Software caveats: For vendors that sent software, we used a VMware ESX server virtual system with a fairly limited disk subsystem to accommodate the huge number of vendors that wanted to participate in this test. Performance on these products would likely be higher (see “Adventures in spam testing,” page 36).
The Unix factor: We spent more time tuning Unix, Sendmail and various Unix system utilities than we did tuning products from vendors that ran on Sendmail, including Roaring Penguin, Privacy Networks, Proofpoint and Cloudmark. In some cases, the differences were dramatic. A single-line change in Sendmail configuration, for example, tripled the throughput of Roaring Penguin’s CanIt Software. This means companies that install their own software, rather than going with an appliance, need to be prepared for significant performance tuning.

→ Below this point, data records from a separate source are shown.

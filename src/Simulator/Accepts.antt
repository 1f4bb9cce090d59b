-- ===== src/Simulator/Accepts.antt =====
-- `Simulator::new_transaction` of crates/chia-sdk-test/src/simulator.rs: exactly which bundles pass,
-- and what a refusal leaves behind.
use chia_wallet_sdk.Prelude.{
  ℕ, ◌≡◌, ◌≢◌, ◌↔◌, refl, ◌⊎◌, inl, inr, Bool, true, false, ◌||◌, none, some, List, [], ◌∷◌, map,
  arith, contains, contains_head, contains_tail, nat_eq, All, All-contains,
}
use chia_wallet_sdk.Prelude.IndexMap.{IndexMap, Entries, lookup, contains_key}
use chia_wallet_sdk.Protocol.{
  Bytes32, CoinState, SpendBundle, SpendConditions, ConsensusConstants, ok, err, Result-cases,
}
use chia_wallet_sdk.Simulator.{External, Simulator}
use chia_wallet_sdk.Simulator.Transaction.{
  Plan, SimulatorError, no_changes, removed_state, validate_removals, same_set, plan_transaction,
  new_transaction,
}
use chia_wallet_sdk.Simulator.Changes.{spent_ids, removed_Entries}
use chia_wallet_sdk.Simulator.Outputs.{created_ids, added_keys}
use chia_wallet_sdk.Simulator.Spends.{
  Validates, changes, plan_of, plan_parts, new_transaction_parts, new_transaction_spends, SpentFrom,
}

-- A removal passes: the coin is unspent, and known or added.
abbrev Removable : IndexMap CoinState → IndexMap CoinState → Bytes32 → CoinState → Type 0
Removable states added id cs =
    (cs.spent_height ≡ none) × ((contains_key id states || contains_key id added) ≡ true)

validate_removals_total :
    (states : IndexMap CoinState) (height : ℕ) (added m : IndexMap CoinState)
    → Entries (Removable states added) m
    → (r : IndexMap CoinState) × (validate_removals states height added m ≡ ok r)
unfolding validate_removals
validate_removals_total states height added [] h = ([], refl)
validate_removals_total states height added ((id, cs) ∷ m) h =
    let (r, e) = validate_removals_total states height added m h.1 in
    ((id, record cs { spent_height = some height }) ∷ r, ground (arith, e))

-- The spend of this coin is possible: it is known and unspent, or it is unknown and created here.
abbrev pub spendable : IndexMap CoinState → List Bytes32 → Bytes32 → Bool
spendable states created id = elim (lookup id states) [
  | none ↦ contains created id
  | some cs ↦ elim cs.spent_height [ none ↦ true | some _ ↦ false ]
]

module _ {R : Type 0} (x : External R) (s : Simulator R) (bundle : SpendBundle)
    (constants : ConsensusConstants) where
  pub record Accepts (spends : List SpendConditions) : Type 0 where
    pub nonempty : bundle.coin_spends ≢ []
    pub same_puzzles :
        same_set
          (map (λ spend. spend.puzzle_hash) spends)
          (map (λ cs. cs.coin.puzzle_hash) bundle.coin_spends)
        ≡ true
    pub all_spendable :
        All (λ id. spendable s.coin_states (created_ids x spends) id ≡ true) (spent_ids spends)

  spendable_of_SpentFrom :
      (spends : List SpendConditions) (id : Bytes32) (cs : CoinState)
      → SpentFrom x s bundle constants spends id cs
      → spendable s.coin_states (created_ids x spends) id ≡ true
  spendable_of_SpentFrom spends id cs h = ground arith

  All-of-success :
      (spends : List SpendConditions) (u : IndexMap CoinState)
      → Validates x s bundle constants spends
      → (new_transaction x s bundle constants).0 ≡ ok u
      → (ids : List Bytes32)
      → ((id : Bytes32) → contains ids id ≡ true → contains (spent_ids spends) id ≡ true)
      → All (λ id. spendable s.coin_states (created_ids x spends) id ≡ true) ids
  All-of-success spends u v e [] sub = tt
  All-of-success spends u v e (id ∷ ids) sub =
      let (cs, _, from) =
        new_transaction_spends x s bundle constants spends u id v e
          (sub id (contains_head id ids)) in
      (
        spendable_of_SpentFrom spends id cs from,
        All-of-success spends u v e ids (λ k c. sub k (contains_tail id ids k c)),
      )

  Removable-of-spendable :
      (all : List SpendConditions) (spends : List SpendConditions)
      → All (λ id. spendable s.coin_states (created_ids x all) id ≡ true) (spent_ids spends)
      → All
          (λ spend.
            Removable s.coin_states
              (changes x s bundle constants all).added_coins
              spend.coin_id
              (removed_state x s.coin_states s.height spend))
          spends
  unfolding contains_key removed_state
  Removable-of-spendable all [] h = tt
  Removable-of-spendable all (spend ∷ spends) h = (
    ground (arith, h.0, added_keys x s.coin_states s.height all no_changes spend.coin_id),
    Removable-of-spendable all spends h.1,
  )

  plan_of_Accepts :
      (spends : List SpendConditions)
      → Validates x s bundle constants spends
      → Accepts spends
      → (p : Plan) × (plan_transaction x s bundle constants ≡ ok p)
  unfolding plan_transaction
  plan_of_Accepts spends v a =
      let ch = changes x s bundle constants spends in
      let (removed, e) =
        validate_removals_total s.coin_states s.height ch.added_coins ch.removed_coins (
          removed_Entries x (Removable s.coin_states ch.added_coins) s.coin_states s.height spends
            no_changes (Removable-of-spendable spends spends a.all_spendable) tt) in
      (plan_of x s bundle constants ch removed, ground (arith, e, v, a.same_puzzles))

  -- A bundle that consensus validates is accepted exactly when it has a spend, its coins have the
  -- puzzle hashes that consensus found, and each spent coin is unspent if it is known and created by
  -- the bundle if it is not.
  pub new_transaction_iff :
      (spends : List SpendConditions)
      → Validates x s bundle constants spends
      → ((u : IndexMap CoinState) × ((new_transaction x s bundle constants).0 ≡ ok u))
        ↔ Accepts spends
  unfolding new_transaction
  new_transaction_iff spends v = (accepted, succeeds)
    where
      accepted :
          (u : IndexMap CoinState) × ((new_transaction x s bundle constants).0 ≡ ok u)
          → Accepts spends
      accepted (u, e) =
          let (p, planned, _, _) = new_transaction_parts x s bundle constants u e in
          let (_, _, _, nonempty, same) = plan_parts x s bundle constants spends p v planned in
          record {
            nonempty = nonempty;
            same_puzzles = same;
            all_spendable = All-of-success spends u v e (spent_ids spends) (λ id c. c);
          }

      succeeds :
          Accepts spends
          → (u : IndexMap CoinState) × ((new_transaction x s bundle constants).0 ≡ ok u)
      succeeds a =
          let (p, planned) = plan_of_Accepts spends v a in (p.updates, ground (arith, planned))

  new_transaction_cases :
      ((u : IndexMap CoinState) × ((new_transaction x s bundle constants).0 ≡ ok u))
      ⊎ ((e : SimulatorError) × (new_transaction x s bundle constants ≡ (err e, s)))
  unfolding new_transaction
  new_transaction_cases = elim (Result-cases (plan_transaction x s bundle constants)) [
    | inl (p, e) ↦ inl (p.updates, ground (arith, e))
    | inr (e, h) ↦ inr (e, ground (arith, h))
  ]

  refused :
      (spends : List SpendConditions) (id : Bytes32)
      → Validates x s bundle constants spends
      → contains (spent_ids spends) id ≡ true
      → spendable s.coin_states (created_ids x spends) id ≡ false
      → (e : SimulatorError) × (new_transaction x s bundle constants ≡ (err e, s))
  refused spends id v c bad = elim new_transaction_cases [
    | inl ok_u ↦
        let good : spendable s.coin_states (created_ids x spends) id ≡ true =
          All-contains (λ id. spendable s.coin_states (created_ids x spends) id ≡ true)
            (spent_ids spends) id ((new_transaction_iff spends v).0 ok_u).all_spendable c in
        cc
    | inr failed ↦ failed
  ]

  -- A bundle that spends a coin which is already spent is refused, and the state is unchanged.
  pub new_transaction_double_spend :
      (spends : List SpendConditions) (id : Bytes32) (old : CoinState) (height : ℕ)
      → Validates x s bundle constants spends
      → contains (spent_ids spends) id ≡ true
      → lookup id s.coin_states ≡ some old
      → old.spent_height ≡ some height
      → (e : SimulatorError) × (new_transaction x s bundle constants ≡ (err e, s))
  new_transaction_double_spend spends id old height v c known spent =
      refused spends id v c (ground arith)

  -- A bundle that spends a coin which is neither known nor created by it is refused, and the state is
  -- unchanged.
  pub new_transaction_unknown :
      (spends : List SpendConditions) (id : Bytes32)
      → Validates x s bundle constants spends
      → contains (spent_ids spends) id ≡ true
      → lookup id s.coin_states ≡ none
      → contains (created_ids x spends) id ≡ false
      → (e : SimulatorError) × (new_transaction x s bundle constants ≡ (err e, s))
  new_transaction_unknown spends id v c unknown created = refused spends id v c (ground arith)
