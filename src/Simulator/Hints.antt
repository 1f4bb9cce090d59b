-- ===== src/Simulator/Hints.antt =====
-- The hints that `Simulator::new_transaction` of crates/chia-sdk-test/src/simulator.rs records:
-- `self.hinted_coins.extend(added_hints)` replaces the whole list of a hint.
use chia_wallet_sdk.Prelude.{
  ℕ, ◌≡◌, ap, ◌∙◌, Option, none, some, List, [], ◌∷◌, arith, if◌then◌else◌, contains, nat_eq,
}
use chia_wallet_sdk.Prelude.IndexMap.{IndexMap, IsMap, contains_key, lookup-extend, insert-IsMap}
use chia_wallet_sdk.Prelude.IndexSet
use chia_wallet_sdk.Protocol.{
  Bytes, Bytes32, CoinState, SpendBundle, NewCoin, SpendConditions, ConsensusConstants, ok,
  bytes32_from,
}
use chia_wallet_sdk.Simulator.{External, Simulator, create_block, hinted_coins}
use chia_wallet_sdk.Simulator.Transaction.{
  Changes, no_changes, add_hint, add_first_memo, add_coin, add_coins, collect_changes, apply_plan,
  new_transaction,
}
use chia_wallet_sdk.Simulator.Outputs.{hinted_ids, hinted_list, is_empty, added_hints_lem}
use chia_wallet_sdk.Simulator.Spends.{
  Validates, changes, plan_of, plan_parts, new_transaction_parts,
}

add_first_memo-IsMap :
    (memo : Option Bytes) (id : Bytes32) (m : IndexMap (List Bytes32))
    → IsMap m
    → IsMap (add_first_memo memo id m)
unfolding add_first_memo add_hint
add_first_memo-IsMap none id m h = h
add_first_memo-IsMap (some memo) id m h = ground (
  arith,
  insert-IsMap (bytes32_from 0 memo) (IndexSet.insert id []) m h,
  insert-IsMap (bytes32_from 0 memo) (IndexSet.insert id (hinted_list (bytes32_from 0 memo) m)) m h,
)

module _ {R : Type 0} (x : External R) where
  add_coins-hints-IsMap :
      (height : ℕ) (parent : Bytes32) (cs : List NewCoin) (ch : Changes)
      → IsMap ch.added_hints
      → IsMap (add_coins x height parent cs ch).added_hints
  unfolding add_coins add_coin
  add_coins-hints-IsMap height parent [] ch h = h
  add_coins-hints-IsMap height parent (c ∷ cs) ch h =
      add_coins-hints-IsMap height parent cs (add_coin x height parent c ch)
        (add_first_memo-IsMap c.hint _ ch.added_hints h)

  pub hints-IsMap :
      (states : IndexMap CoinState) (height : ℕ) (spends : List SpendConditions) (ch : Changes)
      → IsMap ch.added_hints
      → IsMap (collect_changes x states height spends ch).added_hints
  unfolding collect_changes
  hints-IsMap states height [] ch h = h
  hints-IsMap states height (spend ∷ spends) ch h =
      hints-IsMap states height spends _
        (add_coins-hints-IsMap height spend.coin_id spend.create_coin ch h)

module _ {R : Type 0} (x : External R) (s : Simulator R) (bundle : SpendBundle)
    (constants : ConsensusConstants) where
  -- After an accepted bundle a coin is listed under a hint exactly if a created coin of that id names
  -- the hint or, where no created coin names the hint, if it was listed before.
  pub contains-hinted_coins-new_transaction :
      (spends : List SpendConditions) (u : IndexMap CoinState) (hint id : Bytes32)
      → Validates x s bundle constants spends
      → (new_transaction x s bundle constants).0 ≡ ok u
      → contains (hinted_coins (new_transaction x s bundle constants).1 hint) id ≡ (
          if is_empty (hinted_ids x hint spends)
          then contains (hinted_coins s hint) id
          else contains (hinted_ids x hint spends) id)
  unfolding hinted_coins apply_plan create_block contains_key
  contains-hinted_coins-new_transaction spends u hint id v e =
      let (p, planned, _, wrote) = new_transaction_parts x s bundle constants u e in
      let (removed, checked, shape, _, _) = plan_parts x s bundle constants spends p v planned in
      let hints = (changes x s bundle constants spends).added_hints in
      let known : (new_transaction x s bundle constants).1
          ≡ apply_plan x s
              (plan_of x s bundle constants (changes x s bundle constants spends) removed) =
        wrote ∙ ap (apply_plan x s) shape in
      rw known (
        ground (
          arith,
          lookup-extend hint s.hinted_coins hints
              (hints-IsMap x s.coin_states s.height spends no_changes tt),
          added_hints_lem x s.coin_states s.height spends no_changes hint id,
        ))
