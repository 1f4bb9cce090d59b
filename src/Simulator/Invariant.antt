-- ===== src/Simulator/Invariant.antt =====
-- The well-formedness of the simulator of crates/chia-sdk-test/src/simulator.rs, kept by each of its
-- operations, and so true of every state that they reach.
use chia_wallet_sdk.Prelude.{
  ℕ, ◌+◌, ◌≤◌, ◌<◌, ◌≡◌, refl, subst, inl, inr, true, Option, none, some, List, [], arith, nat_eq,
  Option-cases, All, All-imp, length,
}
use chia_wallet_sdk.Prelude.IndexMap.{
  IndexMap, IsMap, Entries, lookup, insert, contains_key, contains_key-insert, insert-IsMap,
  Entries-insert, Entries-imp, Entries-lookup,
}
use chia_wallet_sdk.Prelude.IndexSet
use chia_wallet_sdk.Protocol.{
  Bytes32, Coin, CoinState, SpendBundle, SpendConditions, ConsensusConstants, ok,
}
use chia_wallet_sdk.Simulator.{External, Simulator, with_seed, insert_coin, new_coin, hint_coin}

-- A coin is spent no earlier than it was created, and before the present height.
abbrev pub SpentOk : ℕ → ℕ → Option ℕ → Type 0
SpentOk height created none = Unit {0}
SpentOk height created (some spent) = (created ≤ spent) × (spent < height)

abbrev pub HeightsOk : ℕ → CoinState → Type 0
HeightsOk height cs =
    (created : ℕ) × (cs.created_height ≡ some created)
    × (created ≤ height)
    × SpentOk height created cs.spent_height

pub HeightsOk-suc : (height : ℕ) (cs : CoinState) → HeightsOk height cs → HeightsOk (height + 1) cs
HeightsOk-suc height cs (created, e, le, spent) = elim (Option-cases cs.spent_height) [
  | inl unspent ↦ (created, e, omega arith, rw unspent tt)
  | inr (h, at) ↦
      let known : SpentOk height created (some h) = subst (SpentOk height created) at spent in
      (created, e, omega arith, rw at (known.0, omega arith))
]

module _ {R : Type 0} (x : External R) where
  -- What consensus promises of the conditions that it returns: the id of each spend is that of its
  -- coin.
  abbrev pub LawfulIds : Type 0
  LawfulIds =
      (bundle : SpendBundle) (cost : ℕ) (constants : ConsensusConstants) (height : ℕ)
      (spends : List SpendConditions)
      → x.validate_clvm_and_signature bundle cost constants height ≡ ok spends
      → All
          (λ spend.
            x.coin_id (record {
              parent_coin_info = spend.parent_id;
              puzzle_hash = spend.puzzle_hash;
              amount = spend.coin_amount;
            })
            ≡ spend.coin_id)
          spends

  abbrev pub StateOk : ℕ → Bytes32 → CoinState → Type 0
  StateOk height id cs = (x.coin_id cs.coin ≡ id) × HeightsOk height cs

  -- Every id in the list has a coin state.
  abbrev pub AllKnown : IndexMap CoinState → List Bytes32 → Type 0
  AllKnown states = All (λ id. contains_key id states ≡ true)

  pub record IsWf (s : Simulator R) : Type 0 where
    pub chain : length s.header_hashes ≡ s.height + 1
    pub keyed : IsMap s.coin_states
    pub states_ok : Entries (StateOk s.height) s.coin_states
    pub hints_keyed : IsMap s.hinted_coins
    pub hints_known : Entries (λ hint ids. AllKnown s.coin_states ids) s.hinted_coins

  -- A map that has gained keys knows what it knew.
  pub AllKnown-mono :
      (old new : IndexMap CoinState)
      → ((id : ℕ) → contains_key id old ≡ true → contains_key id new ≡ true)
      → (hints : IndexMap (List Bytes32)) → Entries (λ hint ids. AllKnown old ids) hints
      → Entries (λ hint ids. AllKnown new ids) hints
  AllKnown-mono old new more hints h =
      Entries-imp (λ hint ids. AllKnown old ids) (λ hint ids. AllKnown new ids)
        (λ hint ids known. All-imp more ids known) hints h

  -- A fresh simulator is well formed.
  pub with_seed-IsWf : (seed : ℕ) → IsWf (with_seed x seed)
  unfolding with_seed
  with_seed-IsWf seed = record {
    chain = omega arith;
    keyed = tt;
    states_ok = tt;
    hints_keyed = tt;
    hints_known = tt;
  }

  pub insert_coin-IsWf : (s : Simulator R) (coin : Coin) → IsWf s → IsWf (insert_coin x s coin)
  unfolding insert_coin
  insert_coin-IsWf s coin w = record {
    chain = w.chain;
    keyed = insert-IsMap _ _ s.coin_states w.keyed;
    states_ok =
        Entries-insert (StateOk s.height) _ _ s.coin_states
          (refl, (s.height, refl, omega arith, tt)) w.states_ok;
    hints_keyed = w.hints_keyed;
    hints_known =
        AllKnown-mono s.coin_states _ (λ id. contains_key-insert _ id _ s.coin_states)
          s.hinted_coins w.hints_known;
  }

  pub new_coin-IsWf :
      (s : Simulator R) (puzzle_hash : Bytes32) (amount : ℕ)
      → IsWf s
      → IsWf (new_coin x s puzzle_hash amount).1
  unfolding new_coin
  new_coin-IsWf s puzzle_hash amount w =
      insert_coin-IsWf (record s { rng = (x.fill s.rng).1 }) _
        (record {
          chain = w.chain;
          keyed = w.keyed;
          states_ok = w.states_ok;
          hints_keyed = w.hints_keyed;
          hints_known = w.hints_known;
        })

  -- A hint for a known coin.
  pub hint_coin-IsWf :
      (s : Simulator R) (coin_id hint : Bytes32)
      → contains_key coin_id s.coin_states ≡ true
      → IsWf s
      → IsWf (hint_coin s coin_id hint)
  unfolding hint_coin
  hint_coin-IsWf s coin_id hint known w = elim (Option-cases (lookup hint s.hinted_coins)) [
    | inl e ↦ rw (e, hint_coin) (put [] tt)
    | inr (ids, e) ↦
        rw (e, hint_coin)
          (put ids (
            Entries-lookup (λ hint ids. AllKnown s.coin_states ids) hint ids s.hinted_coins
              w.hints_known e))
  ]
    where
      put :
          (ids : List Bytes32)
          → AllKnown s.coin_states ids
          → IsWf
              (record s { hinted_coins = insert hint (IndexSet.insert coin_id ids) s.hinted_coins })
      put ids all = record {
        chain = w.chain;
        keyed = w.keyed;
        states_ok = w.states_ok;
        hints_keyed = insert-IsMap _ _ s.hinted_coins w.hints_keyed;
        hints_known =
            Entries-insert (λ hint ids. AllKnown s.coin_states ids) hint _ s.hinted_coins
              (IndexSet.insert-All (λ id. contains_key id s.coin_states ≡ true) coin_id ids known
                all)
              w.hints_known;
      }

VMware variation: To measure how much slower our VMware system would be than bare hardware, we ran Cloudmark through the paces three different ways: once on VMware, a second time with the exact same configuration on the same hardware but without VMware, and a third time with a similar server tuned by Cloudmark for our testing. We found that message throughput for VMware is between 20% and 30% as fast as it would be in bare hardware. For example, Cloudmark’s own server ran a very peppy 5.3 times faster than our VMware system. When interpreting the performance numbers, it’s best to compare appliances to appliances and VMware to VMware for relative speeds.
Accept rate vs. delivery rate: We measured the rate at which products accepted mail, and how long it took them to deliver it after scanning. In some cases, products accept mail more quickly than they can deliver it. Whether this is good depends on the details. If a product accepts mail faster than it can deliver it, it has to flow-control the incoming mail — slow down how fast you will accept it — at some point. Products that don’t flow-control are susceptible to a denial-of-service attack because someone can fill up your disks and lock up your server. Our test wasn’t long enough to show which products flow-control under load. For example, consider a product with 140G bytes of queue space that accepts messages at a rate of 10 messages per second, but only delivers at half that speed. It would take three hours at full throttle before you ran out of disk space.
Products that only accept mail as fast as they can scan or deliver don’t deal with mail volume peaks very well. The best strategy is to accept mail at a faster rate than you can scan it up to some point, then start slowing down senders as resources are consumed. Of course, some products architecturally don’t work that way — they either scan as the mail flows in or they are SMTP proxies, and the flow control has to come from the destination mail server. Most products we tested accept the mail with an SMTP server such as Sendmail or qmail, then scan the message, and then place it into a queue for delivery.
Final note: We believe that actual spam catch rates would be higher for a test in which the anti-spam products directly faced the Internet. False-positive rates would generally not be affected.